Efficacy and safety of G-CSF prophylaxis in patients with extensive-stage small cell lung cancer receiving Chemoimmunotherapy

ORCID Icon, , , , ORCID Icon, , , , , , , , , , , , , , , , , & ORCID Icon show all
Received 28 May 2024, Accepted 07 Aug 2024, Accepted author version posted online: 08 Aug 2024
 
Accepted author version

ABSTRACT

Objectives

We aimed to evaluate the efficacy and safety of granulocyte-colony stimulating factor (G-CSF) prophylaxis during chemoimmunotherapy with carboplatin plus etoposide and atezolizumab in extensive-stage small cell lung cancer (ES-SCLC).

Methods

This retrospective, multicenter study enrolled ES-SCLC patients receiving carboplatin plus etoposide and atezolizumab, categorized into G-CSF and non-G-CSF groups. Demographic and disease-related data were collected.
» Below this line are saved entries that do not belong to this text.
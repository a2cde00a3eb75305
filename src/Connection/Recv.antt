-- ===== src/Connection/Recv.antt =====
-- The receive buffer of `connection::poll_recv`, server/connection.cpp: `_recv_buf` and `_recv_idx`.
use irc_chat.Base.{ℕ, suc, ◌+◌, ◌-◌, ◌++◌, Option, none, some, Str, length, take, drop, find_byte}
use irc_chat.Connection.{Connection, zeros, buf_size}

-- `v.resize(n, 0)`.
unfoldable pub resize : ℕ → Str → Str
resize n v = take n v ++ zeros (n - length v)

-- `nonblocking_recv` writes `chunk` at `_recv_idx`; then the index moves on and the buffer is made to
-- hold `buf_size` more bytes.
unfoldable pub store_chunk : Str → Connection → Connection
unfolding resize
store_chunk chunk c =
    let idx = c.recv_idx + length chunk in
    let written = take c.recv_idx c.recv_buf ++ (chunk ++ drop idx c.recv_buf) in
    record c { recv_idx = idx; recv_buf = resize (idx + buf_size) written }

-- `std::find` for the newline, in the last `n` bytes received only: the index in the buffer.
unfoldable pub find_end : ℕ → Connection → Option ℕ
find_end n c = elim (find_byte b'\n' (take n (drop (c.recv_idx - n) c.recv_buf))) [
  | none ↦ none
  | some i ↦ some (c.recv_idx - n + i)
]

-- The text up to and with the byte at `msg_end`.
unfoldable pub copy_message : ℕ → Connection → Str
copy_message msg_end c = take (suc msg_end) c.recv_buf

-- `std::rotate(begin, msg_end + 1, begin + _recv_idx)`, the new index and the resize.
unfoldable pub drop_message : ℕ → Connection → Connection
unfolding resize
drop_message msg_end c =
    let used = take c.recv_idx c.recv_buf in
    let rotated =
      drop (suc msg_end) used ++ (take (suc msg_end) used ++ drop c.recv_idx c.recv_buf) in
    let idx = length (drop (suc msg_end) used) in
    record c { recv_idx = idx; recv_buf = resize (idx + buf_size) rotated }
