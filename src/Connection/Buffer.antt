-- ===== src/Connection/Buffer.antt =====
-- Lemmas on the receive buffer of `connection::poll_recv`, server/connection.cpp: the bytes that wait in
-- it, and those that are handed over.
use mathlib.Core.List.{append_assoc}
use irc_chat.Base.{
  ℕ, suc, zero, ◌+◌, ◌-◌, ◌≤◌, ◌<◌, ◌≡◌, refl, sym, ap, ◌∙◌, [], ◌∷◌, ◌++◌, Str, arith, length,
  take, drop, length-take, length-append, take-append-drop, take-length-append,
}
use irc_chat.Connection.Recv.{resize, store_chunk, copy_message, drop_message}
use irc_chat.Connection.{Connection, zeros, buf_size}

-- The bytes that have come in and are not handed over yet.
abbrev pub waiting : Connection → Str
waiting c = take c.recv_idx c.recv_buf

-- Behind the bytes that wait there is room for `buf_size` more.
abbrev pub IsRoomy : Connection → Type 0
IsRoomy c = length c.recv_buf ≡ c.recv_idx + buf_size

pub length-zeros : (n : ℕ) → length (zeros n) ≡ n
length-zeros zero = refl
length-zeros (suc n) = ap suc (length-zeros n)

length-resize : (n : ℕ) (v : Str) → length (resize n v) ≡ n
unfolding resize
length-resize n v = omega (
  arith,
  length-append (take n v) (zeros (n - length v)),
  length-take n v,
  length-zeros (n - length v),
)

take-append_le : (n : ℕ) (p r : Str) → length p ≤ n → take n (p ++ r) ≡ p ++ take (n - length p) r
take-append_le n [] r le = ap (λ k. take k r) (omega arith)
take-append_le zero (c ∷ p) r le = absurd (omega arith)
take-append_le (suc n) (c ∷ p) r le =
    let e : n - length p ≡ suc n - suc (length p) = omega arith in
    ap (◌∷◌ c) (take-append_le n p r (omega arith) ∙ ap (λ k. p ++ take k r) e)

take-take_le : (k n : ℕ) (s : Str) → k ≤ n → take k (take n s) ≡ take k s
take-take_le zero n s le = refl
take-take_le (suc k) zero s le = absurd (omega arith)
take-take_le (suc k) (suc n) [] le = refl
take-take_le (suc k) (suc n) (c ∷ s) le = ap (◌∷◌ c) (take-take_le k n s (omega arith))

-- What stands in front of a buffer is there after a resize to no less than it.
take-resize : (n : ℕ) (p r : Str) → length p ≤ n → take (length p) (resize n (p ++ r)) ≡ p
unfolding resize
take-resize n p r le =
    ap (λ v. take (length p) (v ++ zeros (n - length (p ++ r)))) (take-append_le n p r le)
    ∙ ap (take (length p)) (append_assoc p (take (n - length p) r) (zeros (n - length (p ++ r))))
    ∙ take-length-append p (take (n - length p) r ++ zeros (n - length (p ++ r)))

-- On a receive buffer with room for `buf_size` bytes behind the bytes that wait, storing a chunk
-- puts it behind those bytes, and leaves room for `buf_size` bytes again.
pub waiting-store_chunk :
    (c : Connection) (chunk : Str)
    → IsRoomy c
    → (waiting (store_chunk chunk c) ≡ waiting c ++ chunk) × IsRoomy (store_chunk chunk c)
unfolding store_chunk resize
waiting-store_chunk c chunk h =
    let idx = c.recv_idx + length chunk in
    let front = take c.recv_idx c.recv_buf ++ chunk in
    let rest = drop idx c.recv_buf in
    let len : length front ≡ idx = omega (
      arith,
      length-append (take c.recv_idx c.recv_buf) chunk,
      length-take c.recv_idx c.recv_buf,
      h,
    ) in
    (
      ap (λ k. take k (resize (idx + buf_size) (take c.recv_idx c.recv_buf ++ (chunk ++ rest))))
            (sym len)
          ∙ ap (λ v. take (length front) (resize (idx + buf_size) v))
              (sym (append_assoc (take c.recv_idx c.recv_buf) chunk rest))
          ∙ take-resize (idx + buf_size) front rest (omega (arith, len)),
      length-resize (idx + buf_size) _,
    )

-- For an index among the bytes that wait in the receive buffer, the message that is handed over
-- followed by the bytes that wait once it is dropped are the bytes that waited, and room for
-- `buf_size` bytes is left.
pub copy-drop_message :
    (c : Connection) (msg_end : ℕ)
    → msg_end < c.recv_idx
    → (copy_message msg_end c ++ waiting (drop_message msg_end c) ≡ waiting c)
      × IsRoomy (drop_message msg_end c)
unfolding copy_message drop_message resize
copy-drop_message c msg_end lt =
    let used = take c.recv_idx c.recv_buf in
    let rest = drop (suc msg_end) used in
    (
      ap (λ v. v ++ waiting (drop_message msg_end c))
            (sym (take-take_le (suc msg_end) c.recv_idx c.recv_buf (omega arith)))
          ∙ ap (◌++◌ (take (suc msg_end) used)) (
              take-resize (length rest + buf_size) rest
                (take (suc msg_end) used ++ drop c.recv_idx c.recv_buf) (omega arith))
          ∙ take-append-drop (suc msg_end) used,
      length-resize (length rest + buf_size) _,
    )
Response rates, progression-free survival (PFS), overall survival (OS), and toxicity were analyzed.

Results

Of 119 patients (median age: 63 years), the overall response rate (ORR) and disease control rate (DCR) were 72.3% and 81.5%, respectively. In the G-CSF group, the ORR was 76.4% compared to 60.0% in the non-G-CSF group (p = 0.33), and the DCR was 85.4% versus 70.0%, respectively (p = 0.46). Median PFS was 8.3 months (95% CI, 6.8-9.8) in the G-CSF group and 6.8 months (95% CI, 6.2-7.5) in the non-G-CSF group (p = 0.24). Median OS was 13.8 months (95% CI, 9.6-18.1) for the G-CSF group and 10.6 months (95% CI, 7.9-13.3) for the non-G-CSF group (p = 0.47). Grade 3 ≥ adverse events were similar between groups (49.4% vs. 33.3%, respectively, p = 0.12).

Conclusion

G-CSF prophylaxis can be safely used in ES-SCLC patients undergoing carboplatin plus etoposide and atezolizumab regimen without significantly altering efficacy or increasing toxicity.

Disclaimer

As a service to authors and researchers we are providing this version of an accepted manuscript (AM). Copyediting, typesetting, and review of the resulting proofs will be undertaken on this manuscript before final publication of the Version of Record (VoR). During production and pre-press, errors may be discovered which could affect the content, and all legal disclaimers that apply to the journal relate to these versions also.

Highlights

  • G-CSF prophylaxis did not significantly alter response rates in patients undergoing chemoimmunotherapy for extensive-stage SCLC.

  • Progression-free survival and overall survival were not significantly different between the G-CSF and non-G-CSF groups.

  • Thoracic radiotherapy emerged as an independent positive prognostic factor for both PFS and OS in patients undergoing carboplatin plus etoposid and atezolizumab for exensive-stage SCLC.

  • The incidence of grade 3-4 adverse events was comparable between the G-CSF and non-G-CSF groups.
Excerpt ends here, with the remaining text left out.